Relative Contribution of Prolyl Hydroxylase-Dependent and -Independent Degradation of HIF-1alpha by Proteasomal Pathways in Cerebral Ischemia

Abstract

Hypoxia inducible factor-1 (HIF-1) is a key regulator in hypoxia and can determine the fate of brain cells during ischemia. However, the mechanism of HIF-1 regulation is still not fully understood in ischemic brains. We tested a hypothesis that both the 26S and the 20S proteasomal pathways were involved in HIF-1α degradation under ischemic conditions. Using in vitro ischemic model (oxygen and glucose deprivation) and a mouse model of middle cerebral artery occlusion, we tested effects of inhibitors of proteasomes and prolyl hydroxylase (PHD) on HIF-1α stability and brain injury in cerebral ischemia. We observed that 30 and 60 min of oxygen-glucose deprivation significantly increased the 20S proteasomal activity.
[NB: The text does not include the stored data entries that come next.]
-- ===== src/Connection/Plain.antt =====
-- Parsing a connection string with no query.
use zookeeper_cpp.Base.{List, [], ◌++◌, ◌≡◌, ◌≢◌, refl, Bytes, codes, join, except, IsAll, All}
use zookeeper_cpp.Error.Result.{ok}
use zookeeper_cpp.Connection.Match.{path_only, Matches}
use zookeeper_cpp.Connection.Match.Complete.{regex_match_complete}
use zookeeper_cpp.Connection.Split.{ArePieces, split_each_substr-join}
use zookeeper_cpp.Connection.Params.{Seconds, default_params}
use zookeeper_cpp.Connection.Parse.{extract_host_list, extract_advanced_options, parse}
use zookeeper_cpp.Connection.RoundTrip.{join-class, join-ne-nil}

module _ (sec : Seconds) (hosts : List Bytes) (ne_nil : hosts ≢ []) (pieces : ArePieces b',' hosts)
    (no_slash : All (IsAll (except b'/')) hosts) where
  plain-Matches : Matches (codes "zk://" ++ (join (codes ",") hosts ++ codes "/")) (record {
    schema = codes "zk";
    hostaddr = join (codes ",") hosts;
    path = codes "/";
    querystring = [];
  })
  plain-Matches = record {
    parts = refl;
    schema_class = (refl, (refl, tt));
    schema_ne_nil = λ e. cc e;
    host_class = join-class hosts no_slash;
    host_ne_nil = join-ne-nil hosts ne_nil pieces;
    tail_matches = path_only tt;
  }

  -- Hosts with the default path and options.
  pub parse-plain :
      parse sec (codes "zk://" ++ (join (codes ",") hosts ++ codes "/"))
      ≡ ok (record default_params { hosts = hosts })
  unfolding parse extract_host_list extract_advanced_options
  parse-plain =
      rw (regex_match_complete _ _ plain-Matches, parse, split_each_substr-join b',' hosts pieces)
        refl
We demonstrated that proteasome inhibitors increased HIF-1α stabilization and cell viability and were more effective than PHD inhibitors in primary cultured cortical neurons exposed to oxygen and glucose deprivation. Furthermore, the administration of the proteasome inhibitor, epoxomicin, to mice resulted in smaller infarct size and brain edema than a PHD inhibitor. Our results indicate that 20S proteasomes are involved in HIF-1α degradation in ischemic neurons and that proteasomal inhibition provides more HIF-1α stabilization and neuroprotection than PHD inhibition in cerebral ischemia.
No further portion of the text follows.